Data provided: Begin

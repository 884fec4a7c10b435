-- ===== src/Ssh/Client/Running/Owners.antt =====
-- internal/ssh/client.go: whose the listeners on the SSH server are, at every moment of `Run`.
use mathlib.Core.Path.{subst}
use port_forwarder.Base.{
  ℕ, ◌≡◌, ◌≢◌, sym, ap, ◌∙◌, ◌⊎◌, inl, inr, true, false, List, Option, none, some, [], arith,
  nat_eq, if◌then◌else◌, Option-cases, Bool-cases,
}
use port_forwarder.Base.Text.{Text, text_eq}
use port_forwarder.Base.Map.{Map, lookup, insert, erase, lookup-insert, lookup-erase}
use port_forwarder.Net
use port_forwarder.Net.{Net, Listener, is_open}
use port_forwarder.Net.Laws.{is_open-close, listen-none, listen-some}
use port_forwarder.Ssh.Client.{
  Client, ClientRule, Error, report, subscribe, add, remove, remote_listen,
}
use port_forwarder.Ssh.Client.Running.{holds, note, fail_new}

-- A handle that is open was open before the client, or is that of one of its listeners.
abbrev pub Held : (ℕ → Type 0) → Map Listener → ℕ → Type 0
Held base lns h =
    base h ⊎ ((k : Text) × (ln : Listener) × (lookup k lns ≡ some ln) × (ln.handle ≡ h))

-- There is a rule under the ID, or the ID is one of a list.
abbrev pub Excused : Map ClientRule → List Text → Text → Type 0
Excused pending raced k = ((r : ClientRule) × (lookup k pending ≡ some r)) ⊎ (holds k raced ≡ true)

-- There is a rule for each listener, but for those of a list, and every listener that is open is
-- accounted for.
pub record Inv (base : ℕ → Type 0) (raced : List Text) (c : Client) : Type 0 where
  pub covered : (k : Text) (ln : Listener) → lookup k c.lns ≡ some ln → Excused c.pending raced k
  pub held : (h : ℕ) → is_open h c.net.open_lns ≡ true → Held base c.lns h

pub insert-Excused :
    (r : ClientRule) (p : Map ClientRule) (raced : List Text) (k : Text)
    → Excused p raced k
    → Excused (insert r.id r p) raced k
insert-Excused r p raced k (inl (q, found)) = elim (text_eq.dec k r.id) [
  | yes mine ↦ inl (r, ground (arith, lookup-insert k r.id r p))
  | no other ↦ inl (q, ground (arith, lookup-insert k r.id r p))
]
insert-Excused r p raced k (inr out) = inr out

pub erase-Excused :
    (id : Text) (p : Map ClientRule) (raced raced' : List Text) (k : Text)
    → k ≢ id
    → holds k raced' ≡ holds k raced
    → Excused p raced k
    → Excused (erase id p) raced' k
erase-Excused id p raced raced' k other same (inl (q, found)) =
    inl (q, ground (arith, lookup-erase k id p))
erase-Excused id p raced raced' k other same (inr out) = inr (same ∙ out)

module _ {base : ℕ → Type 0} {raced : List Text} where
  pub report-Inv :
      (id listen : Text) (err : Option Error) (c : Client)
      → Inv base raced c
      → Inv base raced (report id listen err c)
  report-Inv id listen err c inv = elim (Bool-cases c.on_rule) [
    | inl on ↦ rw on (record { covered = inv.covered; held = inv.held })
    | inr off ↦ rw off (record { covered = inv.covered; held = inv.held })
  ]

  refused-Inv :
      (a : Text) (c : Client)
      → (Net.listen a c.net).0 ≡ none
      → Inv base raced c
      → Inv base raced (record c { net = (Net.listen a c.net).1 })
  refused-Inv a c refused inv = record {
    covered = inv.covered;
    held = λ h o. inv.held h (rw (listen-none a c.net refused) at o);
  }

  accepted-Inv :
      (r : ClientRule) (c : Client) (ln : Listener)
      → lookup r.id c.lns ≡ none
      → (Net.listen r.listen c.net).0 ≡ some ln
      → Excused c.pending raced r.id
      → Inv base raced c
      → Inv base raced
          (record c { net = (Net.listen r.listen c.net).1; lns = insert r.id ln c.lns })
  unfolding is_open
  accepted-Inv r c ln absent accepted excused inv = record {
    covered = λ k m at. elim (text_eq.dec k r.id) [
      | yes mine ↦ rw mine excused
      | no other ↦ inv.covered k m (ground (arith, lookup-insert k r.id ln c.lns))
    ];
    held = λ h o. elim (nat_eq.dec h ln.handle) [
      | yes mine ↦ inr (r.id, ln, ground (arith, lookup-insert r.id r.id ln c.lns), sym mine)
      | no other ↦ elim (inv.held h (ground (arith, (listen-some r.listen c.net accepted).1, o))) [
        | inl b ↦ inl b
        | inr (k, m, at, same) ↦
            inr (k, m, ground (arith, lookup-insert k r.id ln c.lns, at, absent), same)
      ]
    ];
  }

  pub subscribe-Inv :
      (r : ClientRule) (c : Client)
      → Excused c.pending raced r.id
      → Inv base raced c
      → Inv base raced (subscribe r c)
  unfolding subscribe
  subscribe-Inv r c excused inv = elim (Option-cases (lookup r.id c.lns)) [
    | inr (ln, found) ↦ rw found inv
    | inl absent ↦ rw absent (elim (Option-cases (Net.listen r.listen c.net).0) [
      | inl refused ↦ rw refused (
          report-Inv r.id [] (some (remote_listen r.listen)) _ (refused-Inv r.listen c refused inv))
      | inr (ln, accepted) ↦
          rw accepted
            (report-Inv r.id ln.addr none _ (accepted-Inv r c ln absent accepted excused inv))
    ])
  ]

  pub fail_new-Inv :
      (r : ClientRule) (o : Option Listener) (c : Client)
      → Inv base raced c
      → Inv base raced (fail_new r o c)
  fail_new-Inv r none c inv = report-Inv r.id [] (some (remote_listen r.listen)) c inv
  fail_new-Inv r (some ln) c inv = inv

  pub note-Inv : (r : ClientRule) (c : Client) → Inv base raced c → Inv base raced (note r c)
  note-Inv r c inv = record {
    covered = λ k ln at. insert-Excused r c.pending raced k (inv.covered k ln at);
    held = inv.held;
  }

  pub add-Inv :
      (r : ClientRule) (c : Client) → c.conn ≡ false → Inv base raced c → Inv base raced (add r c)
  unfolding add
  add-Inv r c down inv =
      subst (Inv base raced)
        (ap (λ b. if b then subscribe r (note r c) else report r.id r.listen none (note r c))
          (sym down))
        (report-Inv r.id r.listen none (note r c) (note-Inv r c inv))

-- `Remove` leaves no listener under the ID.
pub remove-Inv :
    {base : ℕ → Type 0} {raced : List Text} (raced' : List Text) (id : Text) (c : Client)
    → ((k : Text) → k ≢ id → holds k raced' ≡ holds k raced)
    → Inv base raced c
    → Inv base raced' (remove id c)
unfolding remove
remove-Inv {base} {raced} raced' id c kept inv = elim (Option-cases (lookup id c.lns)) [
  | inl absent ↦ rw absent (record {
    covered = λ k ln at. elim (text_eq.dec k id) [
      | yes mine ↦ absurd (grind (arith, sym at ∙ ap (λ j. lookup j c.lns) mine ∙ absent))
      | no other ↦
          erase-Excused id c.pending raced raced' k other (kept k other) (inv.covered k ln at)
    ];
    held = inv.held;
  })
  | inr (old, there) ↦ rw there (record {
    covered = λ k ln at. elim (text_eq.dec k id) [
      | yes mine ↦ absurd (ground (arith, lookup-erase k id c.lns))
      | no other ↦
          erase-Excused id c.pending raced raced' k other (kept k other)
            (inv.covered k ln (ground (arith, lookup-erase k id c.lns)))
    ];
    held = λ h o. elim (inv.held h (ground (arith, is_open-close old h c.net))) [
      | inl b ↦ inl b
      | inr (k, ln, at, same) ↦
          inr (k, ln, ground (arith, lookup-erase k id c.lns, is_open-close old h c.net, at), same)
    ];
  })
]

Data provided: End

**About this exercise**
Only the lines above from the line containing "base raced (record" through the line containing "note-Inv r c inv = record" should be retyped, exactly and with both ends included.

**Solution**
      → Inv base raced (record c { net = (Net.listen a c.net).1 })
  refused-Inv a c refused inv = record {
    covered = inv.covered;
    held = λ h o. inv.held h (rw (listen-none a c.net refused) at o);
  }

  accepted-Inv :
      (r : ClientRule) (c : Client) (ln : Listener)
      → lookup r.id c.lns ≡ none
      → (Net.listen r.listen c.net).0 ≡ some ln
      → Excused c.pending raced r.id
      → Inv base raced c
      → Inv base raced
          (record c { net = (Net.listen r.listen c.net).1; lns = insert r.id ln c.lns })
  unfolding is_open
  accepted-Inv r c ln absent accepted excused inv = record {
    covered = λ k m at. elim (text_eq.dec k r.id) [
      | yes mine ↦ rw mine excused
      | no other ↦ inv.covered k m (ground (arith, lookup-insert k r.id ln c.lns))
    ];
    held = λ h o. elim (nat_eq.dec h ln.handle) [
      | yes mine ↦ inr (r.id, ln, ground (arith, lookup-insert r.id r.id ln c.lns), sym mine)
      | no other ↦ elim (inv.held h (ground (arith, (listen-some r.listen c.net accepted).1, o))) [
        | inl b ↦ inl b
        | inr (k, m, at, same) ↦
            inr (k, m, ground (arith, lookup-insert k r.id ln c.lns, at, absent), same)
      ]
    ];
  }

  pub subscribe-Inv :
      (r : ClientRule) (c : Client)
      → Excused c.pending raced r.id
      → Inv base raced c
      → Inv base raced (subscribe r c)
  unfolding subscribe
  subscribe-Inv r c excused inv = elim (Option-cases (lookup r.id c.lns)) [
    | inr (ln, found) ↦ rw found inv
    | inl absent ↦ rw absent (elim (Option-cases (Net.listen r.listen c.net).0) [
      | inl refused ↦ rw refused (
          report-Inv r.id [] (some (remote_listen r.listen)) _ (refused-Inv r.listen c refused inv))
      | inr (ln, accepted) ↦
          rw accepted
            (report-Inv r.id ln.addr none _ (accepted-Inv r c ln absent accepted excused inv))
    ])
  ]

  pub fail_new-Inv :
      (r : ClientRule) (o : Option Listener) (c : Client)
      → Inv base raced c
      → Inv base raced (fail_new r o c)
  fail_new-Inv r none c inv = report-Inv r.id [] (some (remote_listen r.listen)) c inv
  fail_new-Inv r (some ln) c inv = inv

  pub note-Inv : (r : ClientRule) (c : Client) → Inv base raced c → Inv base raced (note r c)
  note-Inv r c inv = record {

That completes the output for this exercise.